Tout bien considéré, le problème qui nous occupe, même réduit aux proportions que nous lui assignons, est fort complexe. Il ne s’agit pourtant que de représenter les noms propres comme les prononcent les peuples qui ne se servent pas de l’alphabet latin, et conséquemment de retrouver, sous le déguisement que leur donne l’orthographe des autres langues européennes, et principalement l’orthographe anglaise, qui est celle de la plupart des voyages dont nous avons abrégé le récit, la prononciation qu’auraient ces mots écrits par des Français.

Mais plusieurs circonstances contribuent à compliquer davantage ce problème et nous devons en parler avant tout.

Par exemple, il serait extrêmement désirable qu’on donnât aux lieux ou aux personnes les noms qu’ils portent dans la langue du pays auquel ils appartiennent. Mais, si on commence à le faire souvent à l’étranger, nous sommes toujours assez arriérés en France à cet égard.
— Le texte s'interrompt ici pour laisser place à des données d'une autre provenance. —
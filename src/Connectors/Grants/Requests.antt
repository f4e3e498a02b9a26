-- ===== src/Connectors/Grants/Requests.antt =====
-- Checks on one grant request: src-tauri/src/connectors/grants.rs, `timestamp`, `identity`,
-- `origin` and `GrantRequest::validate`, and `validate_id` of connectors.rs.
use Prim.Native.String.{len}
use desktop_ai_dashboard.Prelude.{
  ℕ, ℤ, String, Bool, false, not, ◌||◌, ◌&&◌, List, [], ◌∷◌, ◌++◌, map, ◌==◌, string_eq, nat_eq,
  ltb, leb_ℤ, ltb_ℤ, later, any, contains, length, is_some, AppResult, err, ◌>>=◌, ◌>>◌, reject_if,
  ok_or, invalid, if◌then◌else◌, is_some_and,
}
use desktop_ai_dashboard.Prelude.Texts.{all_chars, is_alphanumeric}
use desktop_ai_dashboard.Host.{Host, Url}
use desktop_ai_dashboard.Connectors.Grants.Types.{
  ReadOperation, operation_eq, category, GrantRequest, denied, max_grant_ms,
}

abbrev pub is_identity_char : ℕ → Bool
is_identity_char c = is_alphanumeric c || c == b'-' || c == b'_' || c == b'.'

unfoldable pub identity : String → AppResult (Unit {0})
identity value =
    reject_if (value == "" || ltb 128 (len value) || not (all_chars is_identity_char value)) invalid

-- Plain HTTP is for the two names of the private runtime host.
abbrev pub private_http : Url → Bool
private_http url =
    url.scheme == "http"
    && is_some_and url.host (λ h. h == "miniforum1.tail5788db.ts.net" || h == "100.90.255.43")

-- `operations.iter().enumerate().any(|(i, op)| operations[..i].contains(op))`, where `before` is
-- `operations[..i]`.
unfoldable pub repeats_after : List ReadOperation → List ReadOperation → Bool
repeats_after before [] = false
repeats_after before (op ∷ ops) = contains before op || repeats_after (before ++ op ∷ []) ops

module _ (host : Host) where
  unfoldable pub validate_id : String → AppResult (Unit {0})
  validate_id id = do
    parsed ← ok_or (host.parse_uuid id) invalid
    reject_if (parsed.is_nil || not (parsed.canonical == id)) invalid

  unfoldable pub timestamp : String → AppResult ℤ
  timestamp value =
      if ltb 40 (len value) then err invalid else ok_or (host.parse_rfc3339 value) invalid

  unfoldable pub origin : String → AppResult (Unit {0})
  origin value = do
    url ← ok_or (host.parse_url value) invalid
    reject_if
        (ltb 256 (len value)
          || not (url.scheme == "https" || private_http url)
          || not (url.username == "")
          || is_some url.password
          || is_some url.query
          || is_some url.fragment
          || not (url.path == "/")
          || not (is_some url.host)
          || not (url.origin == value))
        invalid

  unfoldable pub validate : GrantRequest → ℤ → AppResult (Unit {0})
  validate request now = do
    identity request.workspace_id
    identity request.device_id
    validate_id request.connection_id
    expires ← timestamp request.expires_at
    reject_if
        (not request.account_read_consented
          || not request.egress.consented
          || not (request.egress.retention == "ephemeral-run")
          || leb_ℤ expires now
          || ltb_ℤ (later now max_grant_ms) expires
          || length request.operations == 0
          || ltb 2 (length request.operations))
        denied
    origin request.egress.runtime_origin
    origin request.egress.model_origin
    let categories = map category request.operations
    reject_if
        (not (length categories == length request.egress.data_categories)
          || any (λ c. not (contains request.egress.data_categories c)) categories
          || repeats_after [] request.operations)
        denied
Sans rappeler la fâcheuse confusion apportée dans les noms des antiques divinités et des personnages historiques par la transmission que nous en ont faite les Grecs et surtout les Romains, dont nous avons accepté sans contrôle la nomenclature dans l’usage vulgaire, et en nous bornant ici aux noms géographiques, il paraît certain que, si, dans nos écoles militaires et savantes, nous commençons à employer les noms étrangers, l’usage prévaudra longtemps encore, parmi les gens du monde, de se servir des noms français, non seulement pour les lieux qui sont appelés de deux façons comme Solothurn-Soleure, Trier-Trèves, et Stuhlweissenburg-Albe Royale ; mais même pour ceux qui appartiennent à des pays d’une seule langue. Ainsi nous dirons longtemps encore Forêt-Noire au lieu de Schwarzwald, Danube au lieu de Donau, Munich et non München, Tamise pour Thames, Londres pour London ; et il est fort douteux que nous appelions jamais Damas Cham et Jérusalem Kods.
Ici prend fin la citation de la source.